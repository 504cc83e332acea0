-- ===== src/Poll/Round.antt =====
-- One round of the poll server: `poll_fds`, `process_fd`, and the end of `run_server`.
use smtp_course_work.Base.{
  ℕ, ◌-◌, Bool, true, false, ◌||◌, Option, none, some, List, [], ◌∷◌, Bytes, ◌==◌, if◌then◌else◌,
}
use smtp_course_work.Stailq.{Stailq}
use smtp_course_work.Kernel.{Call, returns, waits, aborts}
use smtp_course_work.Cmds.{Vdb}
use smtp_course_work.Poll.{
  AcceptReply, ControlRead, Events, ClientReplies, Slot, accept_connection, process_control,
  process_client, remove_connection,
}

-- What `poll` returns: how many descriptors have events, or -1 with EINTR or another error.
pub data PollReply : Type 0 where
  ready : ℕ → PollReply
  interrupted failed : PollReply

-- What a round meets: the answer of `poll`; the reads of the control pipe and the answers to `accept`, where those two
-- descriptors have events; and the events of the clients' descriptors, with the answers while each is served.
pub record Round : Type 0 where
  pub reply : PollReply
  pub control : Option (List ControlRead)
  pub bound : Option (List AcceptReply)
  pub clients : List (Events × ClientReplies)

-- `revents != 0`
unfoldable pub has_events : Events → Bool
has_events ev = ev.closed || ev.readable || ev.writable || ev.other

module _ (sq : Stailq Bytes) where
  -- `struct poll_server` between two calls, with the bytes sent to each client in this round; `left` is `nfds`.
  pub record Polled (S : Type 0) : Type 0 where
    pub slots : List (Slot sq)
    pub db : S
    pub left : ℕ
    pub wires : List Bytes

  -- `cur->fd == -1 || !cur->revents`
  unfoldable pub is_skipped : Slot sq → Events → Bool
  unfolding has_events
  is_skipped s ev = elim s.fd [ none ↦ true | some fd ↦ if has_events ev then false else true ]

  -- The two descriptors that no client has come first, from the end of the array: the control pipe, then the
  -- socket that is bound.
  unfoldable pub poll_control :
      Option (List ControlRead) → ℕ → List (Slot sq) → Call (ℕ × List (Slot sq))
  unfolding process_control
  poll_control none left slots = returns (left, slots)
  poll_control (some reads) left slots =
      if left == 0 then returns (left, slots) else elim (process_control sq reads slots) [
        | waits ↦ waits
        | aborts ↦ aborts
        | returns slots' ↦ returns (left - 1, slots')
      ]

  unfoldable pub poll_bound :
      Option (List AcceptReply) → ℕ → List (Slot sq) → Call (ℕ × List (Slot sq))
  unfolding accept_connection
  poll_bound none left slots = returns (left, slots)
  poll_bound (some answers) left slots =
      if left == 0
      then returns (left, slots)
      else elim ((accept_connection sq answers slots).result) [
        | waits ↦ waits
        | aborts ↦ aborts
        | returns n ↦ returns (left - 1, (accept_connection sq answers slots).slots)
      ]

  module _ {S : Type 0} (vdb : Vdb S) where
    -- a client in front of those that have been served
    unfoldable pub poll_client : Events → ClientReplies → Slot sq → Polled S → Call (Polled S)
    unfolding is_skipped process_client
    poll_client ev k s p =
        if (p.left == 0) || is_skipped s ev
        then returns (record p { slots = s ∷ p.slots; wires = [] ∷ p.wires })
        else (let c = process_client sq vdb ev k s p.db in
            elim c.removed [
              | waits ↦ waits
              | aborts ↦ aborts
              | returns r ↦ returns (record {
                slots = c.slot ∷ p.slots;
                db = c.db;
                left = p.left - 1;
                wires = c.wire ∷ p.wires;
              })
            ])

    -- `i` runs down, so that the last slot comes first. A slot without events in the list has none.
    unfoldable pub poll_clients :
        List (Events × ClientReplies) → ℕ → List (Slot sq) → S → Call (Polled S)
    unfolding poll_client
    poll_clients events left [] db =
        returns (record { slots = []; db = db; left = left; wires = [] })
    poll_clients [] left (s ∷ slots) db =
        returns (record { slots = s ∷ slots; db = db; left = left; wires = [] })
    poll_clients ((ev, k) ∷ events) left (s ∷ slots) db = elim (poll_clients events left slots db) [
      | waits ↦ waits
      | aborts ↦ aborts
      | returns p ↦ poll_client ev k s p
    ]

    unfoldable pub poll_fds : Round → List (Slot sq) → S → Call (Polled S)
    unfolding poll_control poll_bound poll_clients
    poll_fds round slots db = elim round.reply [
      | interrupted ↦ returns (record { slots = slots; db = db; left = 0; wires = [] })
      | failed ↦ aborts
      | ready n ↦ elim (poll_control round.control n slots) [
        | waits ↦ waits
        | aborts ↦ aborts
        | returns (left, slots₁) ↦ elim (poll_bound round.bound left slots₁) [
          | waits ↦ waits
          | aborts ↦ aborts
          | returns (left', slots₂) ↦ poll_clients round.clients left' slots₂ db
        ]
      ]
    ]

  -- The loop at the end of `run_server`.
  unfoldable pub remove_all : List (Slot sq) → List (Slot sq)
  unfolding remove_connection
  remove_all [] = []
  remove_all (s ∷ slots) = remove_connection sq s ∷ remove_all slots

•••••

Output the records above exactly, from their first line through the line that contains "pub wires : List Bytes", and add nothing.

repository 504cc83e332acea0
-- ===== src/Poll/Round.antt =====
-- One round of the poll server: `poll_fds`, `process_fd`, and the end of `run_server`.
use smtp_course_work.Base.{
  ℕ, ◌-◌, Bool, true, false, ◌||◌, Option, none, some, List, [], ◌∷◌, Bytes, ◌==◌, if◌then◌else◌,
}
use smtp_course_work.Stailq.{Stailq}
use smtp_course_work.Kernel.{Call, returns, waits, aborts}
use smtp_course_work.Cmds.{Vdb}
use smtp_course_work.Poll.{
  AcceptReply, ControlRead, Events, ClientReplies, Slot, accept_connection, process_control,
  process_client, remove_connection,
}

-- What `poll` returns: how many descriptors have events, or -1 with EINTR or another error.
pub data PollReply : Type 0 where
  ready : ℕ → PollReply
  interrupted failed : PollReply

-- What a round meets: the answer of `poll`; the reads of the control pipe and the answers to `accept`, where those two
-- descriptors have events; and the events of the clients' descriptors, with the answers while each is served.
pub record Round : Type 0 where
  pub reply : PollReply
  pub control : Option (List ControlRead)
  pub bound : Option (List AcceptReply)
  pub clients : List (Events × ClientReplies)

-- `revents != 0`
unfoldable pub has_events : Events → Bool
has_events ev = ev.closed || ev.readable || ev.writable || ev.other

module _ (sq : Stailq Bytes) where
  -- `struct poll_server` between two calls, with the bytes sent to each client in this round; `left` is `nfds`.
  pub record Polled (S : Type 0) : Type 0 where
    pub slots : List (Slot sq)
    pub db : S
    pub left : ℕ
    pub wires : List Bytes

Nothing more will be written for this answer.